The city of Vijayanagara was the urban core of the imperial city and the surrounding principalities of the capital of the Vijayanagara Empire during the 14th to 16th centuries. Notes by foreign travellers such as Abdur Razzak, the Persian who visited Vijayanagara in 1440, mention seven fortifications before the gates to the royal palace. The large area between the first and third fortifications contained agricultural fields, gardens and residences. The notes of Robert Sewell describe countless shops and bazaars (markets) filled with people from different nationalities between this fortification and the palace.

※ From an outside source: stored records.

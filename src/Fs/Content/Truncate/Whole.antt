-- ===== src/Fs/Content/Truncate/Whole.antt =====
-- What `itrunc` of kernel/fs.c frees of an inode.
use osn.Base.{
  ℕ, zero, suc, ◌+◌, ◌*◌, ◌≤◌, ◌<◌, ◌≡◌, ◌≢◌, inl, inr, refl, ap, sym, ◌∙◌, Bool, true, false, not,
  ◌==◌, ◌&&◌, ◌||◌, if◌then◌else◌, update, update_self, update_ne, arith, Bool-cases, ℕ_discrete,
  subst,
}
use osn.File.{done}
use osn.Fs.{Disk, Block, Superblock, bpb, bblock}
use osn.Fs.Room.{RoomFor}
use osn.Fs.Dinode.{Dinode, ndirect, load32}
use osn.Fs.Bitmap.{bfree}
use osn.Fs.Bitmap.Used.{used}
use osn.Fs.Content.{truncate, free_indirect, with_addr, nindirect}
use osn.Fs.Content.Truncate.{Lost, Lost-trans, bfree-Lost, free_each, member, free_each-Lost}
use osn.Fs.Content.Truncate.Each.{
  cleared_from, cleared_from-addrs, cleared_from-same, free_direct-each, free_entries-each,
}

-- The entry `j` of the indirect block.
abbrev pub entry_of : Dinode → (ℕ → Block) → ℕ → ℕ
entry_of ip cache j = load32 (cache (ip.addrs ndirect)) (4 * j)

-- The inode has the block: directly, in its indirect block, or as that.
pub owns : Dinode → (ℕ → Block) → ℕ → Bool
owns ip cache x =
    (not (ip.addrs ndirect == 0)
      && (x == ip.addrs ndirect || member (entry_of ip cache) 0 nindirect x))
    || member ip.addrs 0 ndirect x

-- The addresses of the inode that are not 0 are different blocks of the disk in use, and no block of the map.
pub record Owned (sb : Superblock) (ip : Dinode) (d : Disk) : Type 0 where
  pub inhabited : 0 < sb.size
  pub direct :
      (j : ℕ)
      → j < ndirect
      → ip.addrs j ≢ 0
      → (ip.addrs j < sb.size) × (used sb d.cache (ip.addrs j) ≡ true)
  pub distinct : (j k : ℕ) → j < k → k ≤ ndirect → ip.addrs j ≢ 0 → ip.addrs j ≢ ip.addrs k
  pub indirect :
      ip.addrs ndirect ≢ 0
      → (ip.addrs ndirect < sb.size)
        × (used sb d.cache (ip.addrs ndirect) ≡ true)
        × (ip.addrs ndirect ≢ bblock sb 0)
  pub entries :
      ip.addrs ndirect ≢ 0
      → (j : ℕ) → j < nindirect
      → entry_of ip d.cache j ≢ 0
      → (entry_of ip d.cache j < sb.size) × (used sb d.cache (entry_of ip d.cache j) ≡ true)
  pub entries_distinct :
      ip.addrs ndirect ≢ 0
      → (j k : ℕ) → j < k
      → k < nindirect
      → entry_of ip d.cache j ≢ 0
      → entry_of ip d.cache j ≢ entry_of ip d.cache k
  pub entries_apart :
      ip.addrs ndirect ≢ 0
      → (j k : ℕ) → j ≤ ndirect
      → k < nindirect
      → ip.addrs j ≢ 0
      → ip.addrs j ≢ entry_of ip d.cache k

member-false :
    (f : ℕ → ℕ) (i n x : ℕ)
    → ((j : ℕ) → i ≤ j → j < i + n → f j ≢ 0 → f j ≢ x)
    → member f i n x ≡ false
unfolding member
member-false f i zero x h = refl
member-false f i (suc n) x h = ground (
  arith,
  member-false f (i + 1) n x (λ j ge lt. h j (omega arith) (omega arith)),
  h i (omega arith) (omega arith),
)

-- What `itrunc` leaves.
pub record Truncated (sb : Superblock) (extra : ℕ) (ip : Dinode) (d : Disk) (ip' : Dinode)
    (r : Disk) : Type 0 where
  pub lost : Lost sb extra (owns ip d.cache) d r
  pub no_addrs : (j : ℕ) → j ≤ ndirect → ip'.addrs j ≡ 0
  pub same : ip' ≡ record ip { size = 0; addrs = ip'.addrs }

module _ {extra : ℕ} (sb : Superblock) (one : sb.size ≤ bpb) (ip : Dinode) (d : Disk)
    (o : Owned sb ip d) (room : RoomFor extra (bblock sb 0) d) where
  -- After the first loop.
  direct_loop :
      (e : Disk) × (free_each sb ip.addrs 0 ndirect d ≡ done e)
      × Lost sb extra (member ip.addrs 0 ndirect) d e
  direct_loop =
      free_each-Lost sb one ip.addrs 0 ndirect d (λ j ge lt nz. o.direct j (omega arith) nz)
        (λ j k ge lt lt' nz. o.distinct j k lt (omega arith) nz) room

  still_used :
      (e : Disk) (x : ℕ)
      → Lost sb extra (member ip.addrs 0 ndirect) d e
      → ((j : ℕ) → j < ndirect → ip.addrs j ≢ 0 → ip.addrs j ≢ x)
      → used sb d.cache x ≡ true
      → used sb e.cache x ≡ true
  still_used e x l ne u =
      l.free x ∙ rw (member-false ip.addrs 0 ndirect x (λ j ge lt nz. ne j (omega arith) nz)) u

  indirect_loop :
      (e : Disk)
      → ip.addrs ndirect ≢ 0
      → Lost sb extra (member ip.addrs 0 ndirect) d e
      → (r : Disk) × (free_each sb (entry_of ip d.cache) 0 nindirect e ≡ done r)
        × Lost sb extra (member (entry_of ip d.cache) 0 nindirect) e r
  indirect_loop e nz l =
      free_each-Lost sb one (entry_of ip d.cache) 0 nindirect e
        (λ j ge lt nz'.
          let (inside, u) = o.entries nz j (omega arith) nz' in
          (
            inside,
            still_used e (entry_of ip d.cache j) l
                (λ k lt' nzk. o.entries_apart nz k j (omega arith) (omega arith) nzk) u,
          ))
        (λ j k ge lt lt' nz'. o.entries_distinct nz j k lt (omega arith) nz') l.room

  indirect_block :
      (e r : Disk)
      → ip.addrs ndirect ≢ 0
      → Lost sb extra (member ip.addrs 0 ndirect) d e
      → Lost sb extra (member (entry_of ip d.cache) 0 nindirect) e r
      → (r' : Disk) × (bfree sb (ip.addrs ndirect) r ≡ done r')
        × Lost sb extra (λ x. x == ip.addrs ndirect) r r'
  indirect_block e r nz l l2 =
      let (inside, u, apart) = o.indirect nz in
      let u1 =
        still_used e (ip.addrs ndirect) l (λ k lt' nzk. o.distinct k ndirect lt' (omega arith) nzk)
          u in
      let out =
        member-false (entry_of ip d.cache) 0 nindirect (ip.addrs ndirect) (λ j ge lt nz' e'.
          o.entries_apart nz ndirect j (omega arith) (omega arith) nz (sym e')) in
      bfree-Lost sb one (ip.addrs ndirect) r inside (l2.free (ip.addrs ndirect) ∙ rw out u1) l2.room

  -- The rest of `itrunc`, for the inode as the first loop leaves it.
  rest_with :
      (ip1 : Dinode) (e : Disk)
      → ip1.addrs ndirect ≡ ip.addrs ndirect
      → Lost sb extra (member ip.addrs 0 ndirect) d e
      → (r : Disk) × (ip2 : Dinode) × (free_indirect sb ip1 e ≡ done (ip2, r))
        × Lost sb extra (owns ip d.cache) d r
        × (ip2 ≡ record ip1 { addrs = ip2.addrs })
        × ((j : ℕ) → ip2.addrs j ≡ (if j == ndirect then 0 else ip1.addrs j))
  unfolding free_indirect owns
  rest_with ip1 e same l = elim (Bool-cases (ip.addrs ndirect == 0)) [
    | inl z ↦
        let z1 : ip1.addrs ndirect ≡ 0 = ground arith in
        (
          e,
          ip1,
          rw (same, z) refl,
          record { free = λ x. rw z (l.free x); others = l.others; room = l.room },
          refl,
          λ j. ground arith,
        )
    | inr nz ↦
        let has : ip.addrs ndirect ≢ 0 = λ z. ground arith in
        let (inside, u, apart) = o.indirect has in
        let (r, run, l2) = indirect_loop e has l in
        let (r', run', l3) = indirect_block e r has l l2 in
        let loop =
          free_entries-each sb one (ip.addrs ndirect) (entry_of ip d.cache) 0 nindirect e apart
            (λ j ge lt. entry_inside j (omega arith) has)
            (λ j. ap (λ c. load32 c (4 * j)) (sym (l.others (ip.addrs ndirect) apart))) in
        (
          r',
          with_addr ndirect 0 ip1,
          rw (same, nz) (rw loop (rw run (rw run' refl))),
          record {
            free = λ x. (Lost-trans sb one l (Lost-trans sb one l2 l3)).free x ∙ rw nz refl;
            others = (Lost-trans sb one l (Lost-trans sb one l2 l3)).others;
            room = l3.room;
          },
          refl,
          λ j. set_addr ip1 j,
        )
  ]
    where
      entry_inside :
          (j : ℕ) → j < nindirect → ip.addrs ndirect ≢ 0 → entry_of ip d.cache j < sb.size
      entry_inside j lt has = elim (ℕ_discrete (entry_of ip d.cache j) 0) [
        | yes z ↦ subst (λ x. x < sb.size) (sym z) o.inhabited
        | no nz ↦ (o.entries has j lt nz).0
      ]

      set_addr :
          (ip1 : Dinode) (j : ℕ)
          → update ip1.addrs ndirect 0 j ≡ (if j == ndirect then 0 else ip1.addrs j)
      set_addr ip1 j =
          ground (arith, update_self ip1.addrs ndirect 0, update_ne ip1.addrs ndirect j 0)

  -- `itrunc` of an inode that owns its blocks, with room in the log for the map's block, frees exactly those blocks,
  -- never one that is free, and leaves the inode empty.
  pub truncate-Truncated :
      (ip' : Dinode) × (r : Disk) × (truncate sb ip d ≡ done (ip', r))
      × Truncated sb extra ip d ip' r
  unfolding truncate
  truncate-Truncated =
      let (e, run, l) = direct_loop in
      let ip1 = cleared_from sb one 0 ndirect ip in
      let addrs1 = λ (j : ℕ). cleared_from-addrs sb one 0 ndirect j ip in
      let (r, ip2, run2, l2, same2, addrs2) = rest_with ip1 e (addrs1 ndirect) l in
      (
        record ip2 { size = 0 },
        r,
        rw (free_direct-each sb one 0 ndirect ip d) (rw run (rw run2 refl)),
        record {
          lost = l2;
          no_addrs = λ j le. addrs2 j ∙ ground (arith, addrs1 j);
          same =
              ap {A = Dinode} (λ t. record t { size = 0 }) same2
              ∙ ap {A = Dinode} (λ t. record t { size = 0; addrs = ip2.addrs })
                  (cleared_from-same sb one 0 ndirect ip);
        },
      )
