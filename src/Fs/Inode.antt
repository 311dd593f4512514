-- ===== src/Fs/Inode.antt =====
-- `itrunc`, `iput`, `iunlockput` and the parts of kernel/fs.c that change both the table of inodes and the blocks.
-- `iput` takes no turn of `acquiresleep` that sleeps: no other process has a reference to the inode then.
pub mod Put
pub mod Free
pub mod Last
use osn.Base.{ℕ, ◌+◌, ◌-◌, ◌≡◌, Bool, true, false, ◌==◌, ◌&&◌, if◌then◌else◌, update}
use osn.File.{Outcome, done, panicked, ◌>>=◌}
use osn.Fs.{Disk, Superblock}
use osn.Fs.Dinode.{Dinode}
use osn.Fs.Itable.{Inode, Files, iupdate, iunlock}
use osn.Fs.Content.{truncate}

-- The table with another inode at slot `i`.
abbrev pub with_inode : ℕ → Inode → Files → Files
with_inode i ip s = record s { inodes = update s.inodes i ip }

pub itrunc : Superblock → ℕ → Files → Outcome Files
itrunc sb i s = do
  (copy, d) ← truncate sb (s.inodes i).copy s.disk
  iupdate sb i
      (record s { disk = d; inodes = update s.inodes i (record (s.inodes i) { copy = copy }) })

-- What `iput` does with the last reference to an inode that no directory has.
pub free_inode : Superblock → ℕ → Files → Outcome Files
unfolding itrunc
free_inode sb i s = do
  s1 ← itrunc sb i (with_inode i (record (s.inodes i) { locked = true }) s)
  let ip1 = s1.inodes i
  s2 ← iupdate sb i (with_inode i (record ip1 { copy = record ip1.copy { type = 0 } }) s1)
  done (with_inode i (record (s2.inodes i) { valid = false; locked = false }) s2)

-- `ip->ref--`
pub drop_ref : ℕ → Files → Files
drop_ref i s = with_inode i (record (s.inodes i) { ref = (s.inodes i).ref - 1 }) s

pub iput : Superblock → ℕ → Files → Outcome Files
unfolding free_inode drop_ref
iput sb i s =
    let ip = s.inodes i in
    if ip.ref == 1 && (ip.valid && ip.copy.nlink == 0)
    then (do s' ← free_inode sb i s; done (drop_ref i s'))
    else done (drop_ref i s)

pub iunlockput : Superblock → ℕ → Files → Outcome Files
unfolding iput
iunlockput sb i s = do s' ← iunlock i s; iput sb i s'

== In medieval literature ==
The capital city of the Vijayanagara Empire was founded on the banks of the Tungabhadra River by Harihara I and Bukka Raya I in the early 14th century. The capital city grew with extraordinary rapidity in the early decades of Sangama rule and became one of the biggest cities in the world of the 15th and 16th centuries. The capital city had splendid layout with forts, palaces, gardens and temples in it. The construction of major irrigation works during the 15th century under Emperor Deva Raya and under Emperor Krishna Deva Raya in the early 16th century was one of the main reasons why the city flourished and expanded. Several foreign travelers visited the city in the 15th and 16th century and were impressed by the magnificence of the city.
The Persian traveler Abdur Razzak who visited the capital city in the 15th century described the city with the following words:" The city of Vijayanagar is such that the pupil of the eye has never seen a place like it, and the ear of intelligence has never been informed that there existed anything to equal it in the world" The Portuguese traveler Domingo
Paes says of the city: " This is the best provided city in the world." Domingo Paes was overwhelmed by the city and stated:" The people in the city are countless in number, so much so that I do not wish to write it down for fear it should be thought fabulous. What I saw seemed as large as Rome and very beautiful to the sight; there are many groves of trees within it, many orchards and gardens of fruit trees and many conduits of water which flow in the midst of it, and in places there are lakes." The Italian traveler Nicolo Conti who visited the city in 1420 CE, estimated the circumference of the city to be sixty miles and was impressed by the strength of its fortifications.

== Excavations ==
Recent excavations have unearthed archaeological artifacts dating from the 3rd century BC to early in the 2nd millennium, documenting evidence from over seven hundred important sites. These sites include ash mounds, ancient settlements, megalithic cemeteries, temples and rock art. These findings show that the Vijayanagar area was densely settled for a long period before the creation of the empire.

=== Land ===
Starting at its outermost fortifications, the principality of Vijayanagar spans from Anegondi in the north to Hosapete in the south and covers a total area of 650 km². Vijayanagara's core, an area of 25 km², includes the Tungabhadra River flowing through rocky terrain with huge boulders piled in massive formations. In addition to this naturally daunting landscape, builders constructed fortifications surrounding the regal city in several layers. The rocky hillocks made excellent sentinel points for watch towers and granite boulders provided the raw material for temple construction. South of the river the rocky landscape disappears, replaced by flat cultivable land where large and small temples complexes were built. The largest human populations were located to the south of the irrigated lands that were watered by a system of clever ducts and anecut (dams) channelling water to the capital from the river. At its peak, Vijayanagara may have had up to a million residents.

=== Zoning ===
For the sake of simplicity archaeologists have divided the capital area into many zones. Of these, the major two zones are the Sacred Centre and the Royal Centre. The former, generally spread along the south bank, is characterized by the highest concentration of religious structures. The Royal Centre is notable for its stately structures, both civil and military. The very seat of power of the empire was located at the core of this area.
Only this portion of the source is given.